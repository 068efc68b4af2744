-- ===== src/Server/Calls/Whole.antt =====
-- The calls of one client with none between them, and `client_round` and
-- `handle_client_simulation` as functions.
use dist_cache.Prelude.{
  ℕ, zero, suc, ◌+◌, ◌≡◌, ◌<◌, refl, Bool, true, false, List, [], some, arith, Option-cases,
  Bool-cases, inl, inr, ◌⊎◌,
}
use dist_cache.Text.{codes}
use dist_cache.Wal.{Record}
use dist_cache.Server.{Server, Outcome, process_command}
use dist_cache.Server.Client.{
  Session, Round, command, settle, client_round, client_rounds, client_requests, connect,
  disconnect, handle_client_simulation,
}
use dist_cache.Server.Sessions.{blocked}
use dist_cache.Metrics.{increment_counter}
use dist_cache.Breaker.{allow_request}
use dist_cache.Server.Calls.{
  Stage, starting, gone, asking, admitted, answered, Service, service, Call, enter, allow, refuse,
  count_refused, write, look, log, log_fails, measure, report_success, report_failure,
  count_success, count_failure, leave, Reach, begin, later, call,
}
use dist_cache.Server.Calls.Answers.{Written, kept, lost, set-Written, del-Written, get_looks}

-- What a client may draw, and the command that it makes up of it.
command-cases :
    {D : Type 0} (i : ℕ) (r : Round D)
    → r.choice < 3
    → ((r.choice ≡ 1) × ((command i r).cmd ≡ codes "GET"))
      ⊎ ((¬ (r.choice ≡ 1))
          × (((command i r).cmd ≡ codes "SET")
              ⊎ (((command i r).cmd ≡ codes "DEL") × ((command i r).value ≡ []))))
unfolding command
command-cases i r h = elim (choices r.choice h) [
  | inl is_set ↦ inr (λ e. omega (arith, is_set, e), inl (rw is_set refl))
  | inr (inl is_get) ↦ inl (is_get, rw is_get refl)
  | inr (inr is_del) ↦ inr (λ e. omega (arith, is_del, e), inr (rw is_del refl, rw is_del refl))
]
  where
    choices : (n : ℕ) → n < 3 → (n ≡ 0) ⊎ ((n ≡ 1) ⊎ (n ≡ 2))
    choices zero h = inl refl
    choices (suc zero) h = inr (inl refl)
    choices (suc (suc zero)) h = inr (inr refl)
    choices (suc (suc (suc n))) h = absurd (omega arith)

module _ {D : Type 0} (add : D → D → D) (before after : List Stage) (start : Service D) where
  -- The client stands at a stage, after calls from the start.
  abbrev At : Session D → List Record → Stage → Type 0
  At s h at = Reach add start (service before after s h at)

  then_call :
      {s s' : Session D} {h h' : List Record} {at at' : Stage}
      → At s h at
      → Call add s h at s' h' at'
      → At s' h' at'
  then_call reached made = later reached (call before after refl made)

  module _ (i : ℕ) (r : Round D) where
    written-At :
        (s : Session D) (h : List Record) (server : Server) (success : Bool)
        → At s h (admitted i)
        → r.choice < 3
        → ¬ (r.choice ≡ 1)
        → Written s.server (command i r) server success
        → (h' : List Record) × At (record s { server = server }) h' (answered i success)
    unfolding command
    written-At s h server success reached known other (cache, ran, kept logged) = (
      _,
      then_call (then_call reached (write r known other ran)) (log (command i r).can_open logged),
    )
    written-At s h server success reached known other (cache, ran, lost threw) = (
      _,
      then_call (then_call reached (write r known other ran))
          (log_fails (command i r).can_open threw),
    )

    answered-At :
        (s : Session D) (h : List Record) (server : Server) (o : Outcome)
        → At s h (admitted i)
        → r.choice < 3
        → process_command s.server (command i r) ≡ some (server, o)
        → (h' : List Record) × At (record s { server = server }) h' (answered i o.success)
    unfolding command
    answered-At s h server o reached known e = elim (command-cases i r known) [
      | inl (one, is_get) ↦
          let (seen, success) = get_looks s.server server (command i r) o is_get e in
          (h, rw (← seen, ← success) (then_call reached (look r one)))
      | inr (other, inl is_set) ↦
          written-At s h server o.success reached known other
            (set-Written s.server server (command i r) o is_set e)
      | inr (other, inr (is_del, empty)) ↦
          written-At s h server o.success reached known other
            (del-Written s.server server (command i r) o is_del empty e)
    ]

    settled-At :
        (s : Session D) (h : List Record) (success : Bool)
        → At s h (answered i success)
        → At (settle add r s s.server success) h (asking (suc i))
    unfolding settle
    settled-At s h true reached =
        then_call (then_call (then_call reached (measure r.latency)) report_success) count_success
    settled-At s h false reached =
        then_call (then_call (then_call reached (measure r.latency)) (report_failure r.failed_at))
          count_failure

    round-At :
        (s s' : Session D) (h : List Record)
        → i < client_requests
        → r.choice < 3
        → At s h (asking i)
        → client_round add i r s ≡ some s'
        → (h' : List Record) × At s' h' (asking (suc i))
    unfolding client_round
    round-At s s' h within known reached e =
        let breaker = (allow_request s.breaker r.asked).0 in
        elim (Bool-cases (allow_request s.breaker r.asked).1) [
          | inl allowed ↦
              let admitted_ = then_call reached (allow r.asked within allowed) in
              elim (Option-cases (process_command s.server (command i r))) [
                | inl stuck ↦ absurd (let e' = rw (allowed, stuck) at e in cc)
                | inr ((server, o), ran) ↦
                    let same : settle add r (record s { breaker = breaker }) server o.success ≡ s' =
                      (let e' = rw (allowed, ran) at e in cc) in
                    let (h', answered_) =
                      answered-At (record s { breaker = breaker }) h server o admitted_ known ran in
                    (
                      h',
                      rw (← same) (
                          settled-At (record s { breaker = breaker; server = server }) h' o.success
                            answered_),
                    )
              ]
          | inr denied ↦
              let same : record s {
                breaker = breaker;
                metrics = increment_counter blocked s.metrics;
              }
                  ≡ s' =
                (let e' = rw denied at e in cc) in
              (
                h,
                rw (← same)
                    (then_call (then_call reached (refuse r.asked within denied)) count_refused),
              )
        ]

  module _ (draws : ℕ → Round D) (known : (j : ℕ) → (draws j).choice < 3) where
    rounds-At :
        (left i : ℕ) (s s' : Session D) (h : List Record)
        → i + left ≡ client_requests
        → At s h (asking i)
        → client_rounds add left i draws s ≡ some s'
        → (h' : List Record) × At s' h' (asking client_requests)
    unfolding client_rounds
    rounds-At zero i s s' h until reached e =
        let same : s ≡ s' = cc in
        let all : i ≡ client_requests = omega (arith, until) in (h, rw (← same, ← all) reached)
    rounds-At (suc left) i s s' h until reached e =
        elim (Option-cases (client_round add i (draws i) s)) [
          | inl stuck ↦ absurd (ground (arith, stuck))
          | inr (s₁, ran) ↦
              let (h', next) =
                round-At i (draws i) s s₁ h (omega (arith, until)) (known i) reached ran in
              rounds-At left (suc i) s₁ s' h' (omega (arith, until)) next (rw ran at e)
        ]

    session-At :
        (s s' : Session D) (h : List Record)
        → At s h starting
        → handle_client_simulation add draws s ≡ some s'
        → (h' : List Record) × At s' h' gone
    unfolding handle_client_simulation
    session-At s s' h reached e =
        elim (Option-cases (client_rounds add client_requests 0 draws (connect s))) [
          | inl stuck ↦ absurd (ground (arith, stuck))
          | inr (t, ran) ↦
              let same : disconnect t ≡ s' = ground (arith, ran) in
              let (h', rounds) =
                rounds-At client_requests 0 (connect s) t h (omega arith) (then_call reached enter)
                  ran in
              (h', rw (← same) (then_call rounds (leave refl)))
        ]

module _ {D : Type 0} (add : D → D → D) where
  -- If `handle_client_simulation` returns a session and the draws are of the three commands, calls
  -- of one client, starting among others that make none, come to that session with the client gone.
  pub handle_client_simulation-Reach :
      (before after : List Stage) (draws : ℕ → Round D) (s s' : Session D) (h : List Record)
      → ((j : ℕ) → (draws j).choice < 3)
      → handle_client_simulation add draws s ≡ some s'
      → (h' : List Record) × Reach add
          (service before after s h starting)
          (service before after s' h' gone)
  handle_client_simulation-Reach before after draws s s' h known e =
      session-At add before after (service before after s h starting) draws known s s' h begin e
^^^^^^^^
* EXERCISE AIM
Tally the lines of the listing that hold the string "measure", then reply with that number alone.

* TASK SOLUTION
3